Extracting files

Once you carry out a search, you can extract the sound and the transcribed segments corresponding to the found items. Each extracted item will be saved as a .TextGrid and and .wav file.

Extractig words as files

In this section, we will split a set of sound files along with their TextGrid using the Extract files... command.

For this example, we will use the recording_sessions folder of the example files. This folder contains the TextGrid and sound files in the Fig. 19. As you can see, both type of files come in pairs.

_images/corpus-recording_sessions.png

Fig. 19 A screenshot of the folder recording sessions

For each file pair, the sound file contains a list of spanish words pronounced twice by one unique speaker. The TextGrid provides the transcription for the recording. As you can note in Fig. 20, the TextGrid has one tier for words and other for segments.

_images/corpus-long_sound.png

Fig. 20 Sound file and its TextGrid in Praat for one speaker

Given all this description, let’s extract and save as new files all the transcribed items in the tier word in the files of the recording_sessions folder.

Step 1: Index the TextGrid files in the recording sessions folder (see Step 1: Index TextGrids for more information).

_images/extract_data-index.png

Fig. 21 Indexing the TextGrid files in the recording_sessions folder.

Step 2: Find all the transcribed items in the tier word. To do it, open the search window and copy the options in Fig. 22 (See Step 2: Search for more information).

_images/extract_data-search_all.png

Fig. 22 Indexing all TextGrid files in the recording_sessions folder.

Step 3: In the plug-in menu, go to Finder > Tasks and click on Extract files... A window similar to Fig. 23 will pop up.

_images/extract_data-extract_window.png

Fig. 23 Extract files window.

As you can notice, there are many options! Don’t worry. At this moment, only focus on the Save in field. Complete this field with the directory where the extracted files will be stored in you machine. In my case, I filled it up with the path C:\Users\rolan\Desktop\words. Finally, press on Ok.

Take a look to the Save in directory. The results should look like in Fig. 24.

_images/extract_data-destiny_folder.png

Fig. 24 The extracted files in the destiny directory.

In total, there are 100 files (50 .TextGrids and 50 .wav files). Each file pair contains only a word item as in Fig. 25 .

_images/extract_data-extracted_item.png

Fig. 25 An example of a extracted item

Setting filenames

You can name the extracted files in different ways using the Extract files command. In the command window, go to the the field Filename format (See Fig. 23). This field is filled up by default as [Filename]-[DuplicateID]. The words in brackets are special, they are tags. The tag [Filename] indicates that each resulting file will take the name of the file where it was extracted. On the other hand, [DuplicateID] is a tag that assures that the files with the same name do not overwrite. This is carry out by adding an occurrence number to the new files at the moment they are created. The default number is 001 and it is assigned to the first occurrence of a file when it is saved in the destiny directory. If the name already exists, the command will increase the occurrence number to 002 and so on until the filename is not repeated in the destiny directory. Finally, note that the tags are separated by a - character. In the Extract files command, anything that is not a tag will be copy as it is to the resulting filename.

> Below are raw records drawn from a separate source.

-- ===== src/Tests/TableTests.antt =====
-- The memtable, the codecs and the Bloom filter at concrete inputs.
use lsm_tree_key_value_store.Prelude.{◌≡◌, arith, true, false, [], ◌∷◌, Bytes, All, if◌then◌else◌}
use lsm_tree_key_value_store.Prelude.Strings.{text, string_eq}
use lsm_tree_key_value_store.Prelude.SortedMap.{insert}
use lsm_tree_key_value_store.Result
use lsm_tree_key_value_store.MemTable.{put, remove, get, init, entry_overhead}
use lsm_tree_key_value_store.MemTable.Lookup.{get-put, get-remove}
use lsm_tree_key_value_store.MemTable.Size.{IsValid, put-IsValid, init-IsValid, total_size}
use lsm_tree_key_value_store.Bloom
use lsm_tree_key_value_store.Bloom.{BloomFilter, possibly_contains, serialize, deserialize}
use lsm_tree_key_value_store.Bloom.Membership.{add_all, add_all_reported, init-IsByte}

abbrev key_a : Bytes
key_a = b'a' ∷ []

get-put_example :
    get (put (init 100) key_a (5 ∷ [])) key_a
    ≡ (if string_eq key_a key_a then (Result.ok (5 ∷ []), false) else get (init 100) key_a)
get-put_example = get-put (init 100) key_a (5 ∷ []) key_a

get-remove_example : get (remove (init 100) key_a) key_a ≡ (
    if string_eq key_a key_a
    then (Result.not_found (text "Key is deleted (tombstone)"), true)
    else get (init 100) key_a)
get-remove_example = get-remove (init 100) key_a key_a

put-IsValid_example : IsValid (put (init 100) key_a (5 ∷ []))
unfolding total_size insert entry_overhead
put-IsValid_example = put-IsValid (init 100) key_a (5 ∷ []) (init-IsValid 100) (omega arith)

add_all_reported_example :
    All
      (λ k. possibly_contains k (add_all (key_a ∷ [] ∷ []) (Bloom.init 2 10 7)) ≡ true)
      (key_a ∷ [] ∷ [])
add_all_reported_example =
    add_all_reported (key_a ∷ [] ∷ []) (Bloom.init 2 10 7) (init-IsByte 2 10 7)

Now that you know how the setting [filename]-[DuplicateID] works, take a look back to the Fig. 24 and make sense of the filenames. Here is a little explanation.

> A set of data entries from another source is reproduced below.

-- ===== src/TelegramFs/Chat.antt =====
-- The chats of telegram-fs/kmodule/chat.c, and `bus_write` of telegram-fs/kmodule/bus.c, which
-- changes them. Each function is one step: a
-- mutex is held throughout, but for a read while it waits, and for `chat_write` between the chat, whose mutex it
-- lets go, and the bus, whose mutex it takes then; what others do in between is not modelled.
pub mod Text
pub mod Writes
pub mod Commands
pub mod Stream
use doomsday_kernel_modules.Base.{
  c_text, ℕ, ◌+◌, ◌-◌, ◌≡◌, Bool, true, false, ◌&&◌, Option, none, some, List, [], ◌∷◌, ◌++◌, ltb,
  leb, ◌==◌, min, if◌then◌else◌, length, get_or, set, take, drop, ◌>>=◌,
}
use doomsday_kernel_modules.TelegramFs.Kernel.{Kernel, ℤ, pos, negsuc}
use doomsday_kernel_modules.TelegramFs.Bus.{
  Bus, Outcome, done, error, waiting, eagain, erestartsys, efault, einval, Wake, signal, woken,
  bus_message_size, bus_enqueue_outgoing,
}

abbrev pub max_chats : ℕ
max_chats = 10

abbrev pub msg_buff_size : ℕ
msg_buff_size = 4096

abbrev pub chat_id_buff_size : ℕ
chat_id_buff_size = 64

-- `buffer` has all the bytes of the array, `chat_id` is a text.
pub record Chat : Type 0 where
  pub buffer : List ℕ
  pub buf_len : ℕ
  pub chat_id : List ℕ

-- The global variables `chats` and `tg_bus`.
pub record Telegram : Type 0 where
  pub chats : List Chat
  pub tg_bus : Bus

abbrev pub no_chat : Chat
no_chat = record { buffer = []; buf_len = 0; chat_id = [] }

-- Bytes written into an array from an index on.
unfoldable pub write_at : List ℕ → ℕ → List ℕ → List ℕ
write_at array at bytes = take at array ++ (bytes ++ drop (at + length bytes) array)

-- `chat_read` with the lock held and bytes at hand: what is copied, the new position.
unfoldable pub chat_take : Chat → ℕ → ℕ → Bool → Outcome (List ℕ) × ℕ
chat_take chat ppos count copied =
    let n = min count (chat.buf_len - ppos) in
    if copied then (done (take n (drop ppos chat.buffer)), ppos + n) else (error efault, ppos)

-- `chat_read` with the ends of its waits in order.
unfoldable pub chat_read : Chat → ℕ → Bool → ℕ → Bool → List (Wake Chat) → Outcome (List ℕ) × ℕ
unfolding chat_take
chat_read chat ppos nonblock count copied [] =
    if leb chat.buf_len ppos
    then (if nonblock then (error eagain, ppos) else (waiting, ppos))
    else chat_take chat ppos count copied
chat_read chat ppos nonblock count copied (signal ∷ wakes) =
    if leb chat.buf_len ppos
    then (if nonblock then (error eagain, ppos) else (error erestartsys, ppos))
    else chat_take chat ppos count copied
chat_read chat ppos nonblock count copied (woken chat' ∷ wakes) =
    let again = chat_read chat' ppos nonblock count copied wakes in
    if leb chat.buf_len ppos
    then (if nonblock then (error eagain, ppos) else again)
    else chat_take chat ppos count copied

-- Whether `chat_poll` reports the chat as writable and as readable.
unfoldable pub chat_poll : Chat → ℕ → Bool × Bool
chat_poll chat f_pos = (true, ltb f_pos chat.buf_len)

-- `strcmp(a, b) == 0`
unfoldable pub same_text : List ℕ → List ℕ → Bool
same_text [] [] = true
same_text [] (y ∷ ys) = false
same_text (x ∷ xs) [] = false
same_text (x ∷ xs) (y ∷ ys) = (x == y) && same_text xs ys

-- What a write to the bus asks for.
pub data Command : Type 0 where
  -- IN|<idx>|<sender>|<message>
  incoming : ℕ → List ℕ → List ℕ → Command
  -- SET|<idx>|<telegram_chat_id>
  bind_chat : ℕ → List ℕ → Command

module _ (kernel : Kernel) where
  open kernel use {scnprintf, strscpy, strsep, kstrtoint}

  -- `scnprintf` at the end of the text of a chat, which also writes a closing zero.
  unfoldable pub chat_append : Chat → List ℕ → Chat
  unfolding write_at
  chat_append chat text =
      let room = msg_buff_size - chat.buf_len in
      let bytes = scnprintf room text in
      if room == 0 then chat else record chat {
        buffer = write_at chat.buffer chat.buf_len (bytes ++ (0 ∷ []));
        buf_len = chat.buf_len + length bytes;
      }

  -- The text of `"[User] %s\n"`.
  unfoldable pub user_text : List ℕ → List ℕ
  user_text msg = (b'[' ∷ b'U' ∷ b's' ∷ b'e' ∷ b'r' ∷ b']' ∷ b' ' ∷ []) ++ (c_text msg ++ (10 ∷ []))

  -- The text of `"[%s] %s\n"`.
  unfoldable pub sender_text : List ℕ → List ℕ → List ℕ
  sender_text sender msg = (b'[' ∷ []) ++ (sender ++ ((b']' ∷ b' ' ∷ []) ++ (msg ++ (10 ∷ []))))

  -- `copied` is whether `copy_from_user` succeeds.
  unfoldable pub chat_write : Telegram → ℕ → List ℕ → Bool → Outcome ℕ × Telegram
  unfolding chat_append user_text bus_enqueue_outgoing
  chat_write state chat_idx bytes copied =
      let chat = get_or state.chats chat_idx no_chat in
      if leb msg_buff_size (length bytes)
      then (error einval, state)
      else (if copied
          then (
            done (length bytes),
            record {
              chats = set state.chats chat_idx (chat_append chat (user_text bytes));
              tg_bus = (bus_enqueue_outgoing kernel state.tg_bus chat_idx bytes (length bytes)).0;
            },
          )
          else (error efault, state))

  -- The index of a chat.
  unfoldable pub chat_index : List ℕ → Option ℕ
  chat_index idx_str = kstrtoint idx_str >>= λ number. elim number [
    | pos n ↦ if leb max_chats n then none else some n
    | negsuc n ↦ none
  ]

  -- The rest of a command, by its first word.
  unfoldable pub incoming_of : ℕ → Option (List ℕ) → Option Command
  incoming_of idx p = do
    rest ← p
    let (sender, after_sender) = strsep rest b'|'
    msg ← after_sender
    some (incoming idx sender msg)

  unfoldable pub bind_of : ℕ → Option (List ℕ) → Option Command
  bind_of idx p = do id ← p; some (bind_chat idx id)

  unfoldable pub command_of : List ℕ → ℕ → Option (List ℕ) → Option Command
  unfolding incoming_of bind_of
  command_of cmd idx p =
      if same_text cmd (b'I' ∷ b'N' ∷ [])
      then incoming_of idx p
      else (if same_text cmd (b'S' ∷ b'E' ∷ b'T' ∷ []) then bind_of idx p else none)

  unfoldable pub parse_command : List ℕ → Option Command
  unfolding chat_index command_of
  parse_command text = do
    let (cmd, after_cmd) = strsep text b'|'
    p ← after_cmd
    let (idx_str, after_idx) = strsep p b'|'
    idx ← chat_index idx_str
    command_of cmd idx after_idx

  unfoldable pub run_command : Telegram → Command → Telegram
  unfolding chat_append sender_text
  run_command state (incoming idx sender msg) = record state {
    chats =
        set state.chats idx (chat_append (get_or state.chats idx no_chat) (sender_text sender msg));
  }
  run_command state (bind_chat idx id) =
      let chat = get_or state.chats idx no_chat in
      record state {
        chats = set state.chats idx record chat { chat_id = strscpy chat_id_buff_size id };
      }

  -- The end of `bus_write`: the bad commands are refused, the others are carried out.
  unfoldable pub perform : Telegram → ℕ → Option Command → Outcome ℕ × Telegram
  unfolding run_command
  perform state count none = (error einval, state)
  perform state count (some command) = (done count, run_command state command)

  unfoldable pub bus_write : Telegram → List ℕ → Bool → Outcome ℕ × Telegram
  unfolding parse_command perform
  bus_write state bytes copied =
      if leb bus_message_size (length bytes)
      then (error einval, state)
      else (if copied
          then perform state (length bytes) (parse_command (c_text bytes))
          else (error efault, state))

Table 1 Naming files as [Filename]-[DuplicateID]

[Filename]

String

[DuplicateID]

Output

COL002-session1

-

001

COL002-session1-001.wav

COL002-session1

-

002

COL002-session1-002.wav

COL002-session1

-

003

COL002-session1-003.wav

COL002-session1

-

004

COL002-session1-004.wav

COL002-session1

-

005

COL002-session1-005.wav

You can use the text in the matched items as filenames. Go to the Format field and write [Text]-[DuplicateID]. In the Fig. 26, there is a screenshot of the results.

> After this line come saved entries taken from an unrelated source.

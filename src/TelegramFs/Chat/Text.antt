-- ===== src/TelegramFs/Chat/Text.antt =====
-- The text of a chat: the bytes of its buffer up to `buf_len`.
use doomsday_kernel_modules.Base.{
  append_assoc, ℕ, zero, suc, ◌+◌, ◌-◌, ◌≤◌, ◌<◌, ◌≡◌, refl, ap, ◌∙◌, false, List, [], ◌∷◌, ◌++◌,
  arith, length, ◌==◌, take, drop, length-append, length-take, length-drop,
}
use doomsday_kernel_modules.TelegramFs.Kernel.{Kernel}
use doomsday_kernel_modules.TelegramFs.Chat.{Chat, msg_buff_size, write_at, chat_append}

-- The invariant of `struct chat_dev`: the text and its closing zero fit the buffer.
pub record IsChat (chat : Chat) : Type 0 where
  pub bytes : length chat.buffer ≡ msg_buff_size
  pub fits : chat.buf_len < msg_buff_size

abbrev pub content : Chat → List ℕ
content chat = take chat.buf_len chat.buffer

take_eq : {n m : ℕ} (xs : List ℕ) → n ≡ m → take n xs ≡ take m xs
take_eq xs e = ap (λ k. take k xs) e

take_all : (xs ys : List ℕ) → take (length xs) (xs ++ ys) ≡ xs
take_all [] ys = refl
take_all (x ∷ xs) ys = ap (λ r. x ∷ r) (take_all xs ys)

-- A prefix that reaches past the first of two lists.
take-append :
    (at k : ℕ) (xs ys : List ℕ)
    → at ≤ length xs
    → take (at + k) (take at xs ++ ys) ≡ take at xs ++ take k ys
take-append zero k xs ys h = take_eq ys (omega arith)
take-append (suc at) k [] ys h = elim h [ ]
take-append (suc at) k (x ∷ xs) ys h =
    take_eq {n = suc at + k} {m = suc (at + k)} (x ∷ (take at xs ++ ys)) (omega arith)
    ∙ ap (λ r. x ∷ r) (take-append at k xs ys (omega arith))

pub length-write_at :
    (array bytes : List ℕ) (at : ℕ)
    → at + length bytes ≤ length array
    → length (write_at array at bytes) ≡ length array
unfolding write_at
length-write_at array bytes at fits =
    let front = length-append (take at array) (bytes ++ drop (at + length bytes) array) in
    let back = length-append bytes (drop (at + length bytes) array) in
    omega (arith, front, back, length-take at array, length-drop (at + length bytes) array)

-- The bytes up to the end of what is written, without the last one.
pub take-write_at :
    (array bytes : List ℕ) (at last : ℕ)
    → at ≤ length array
    → take (at + length bytes) (write_at array at (bytes ++ (last ∷ []))) ≡ take at array ++ bytes
unfolding write_at
take-write_at array bytes at last fits =
    let behind = drop (at + length (bytes ++ (last ∷ []))) array in
    take-append at (length bytes) array ((bytes ++ (last ∷ [])) ++ behind) fits
    ∙ ap (λ r. take at array ++ r)
        (ap (λ r. take (length bytes) r) (append_assoc bytes (last ∷ []) behind)
          ∙ take_all bytes ((last ∷ []) ++ behind))

module _ (kernel : Kernel) where
  open kernel use {scnprintf, scnprintf_cuts}

  -- There is always room for the closing zero, so the text is written.
  chat_append-room :
      (chat : Chat) (text : List ℕ)
      → chat.buf_len < msg_buff_size
      → chat_append kernel chat text ≡ (
          let bytes = take (msg_buff_size - chat.buf_len - 1) text in
          record chat {
            buffer = write_at chat.buffer chat.buf_len (bytes ++ (0 ∷ []));
            buf_len = chat.buf_len + length bytes;
          })
  unfolding chat_append
  chat_append-room chat text fits =
      let room : (msg_buff_size - chat.buf_len == 0) ≡ false = ground arith in
      rw (room, scnprintf_cuts (msg_buff_size - chat.buf_len) text)

  -- In a chat whose text and closing zero fit the buffer, chat_append keeps that, and appends as many
  -- bytes of the new text as leave room for the closing zero.
  pub chat_append-content :
      (chat : Chat) (text : List ℕ)
      → IsChat chat
      → IsChat (chat_append kernel chat text)
        × (content (chat_append kernel chat text)
            ≡ content chat ++ take (msg_buff_size - chat.buf_len - 1) text)
  chat_append-content chat text ok =
      let bytes = take (msg_buff_size - chat.buf_len - 1) text in
      let short = length-take (msg_buff_size - chat.buf_len - 1) text in
      let closed = length-append bytes (0 ∷ []) in
      rw (chat_append-room chat text ok.fits) (
        record {
          bytes =
              length-write_at chat.buffer (bytes ++ (0 ∷ [])) chat.buf_len
                (omega (arith, short, closed, ok.bytes, ok.fits))
              ∙ ok.bytes;
          fits = omega (arith, short, ok.fits);
        },
        take-write_at chat.buffer bytes chat.buf_len 0 (omega (arith, ok.bytes, ok.fits)),
      )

_images/extract_data-destiny_folder2.png

Fig. 26 The extracted files in the destiny directory.

Now, we can know which files contain which words. The only issue that arises is that we cannot distinguish which file correspond to which speaker. There are a couple of ways to solve this issue. My favourite one is to reorganize the extracted files into subfolders. Given the fact that there is one source file per speaker, we can hack the File format field and fill it up with [Filename]/[Text]-[DuplicateID]. Here, the slash / separates the filename in two parts. The right part contains the name of the filenames and the left corresponds to the subfolders where the files will be stored. When you run the command, you will get a result as in Fig. 27 where each subfolder contains a set of files as in Fig. 28.

_images/extract_data-destiny_folder3.png

Fig. 27 The extracted files in the destiny directory.

_images/extract_data-destiny_folder4.png

Fig. 28 The extracted files in the destiny directory.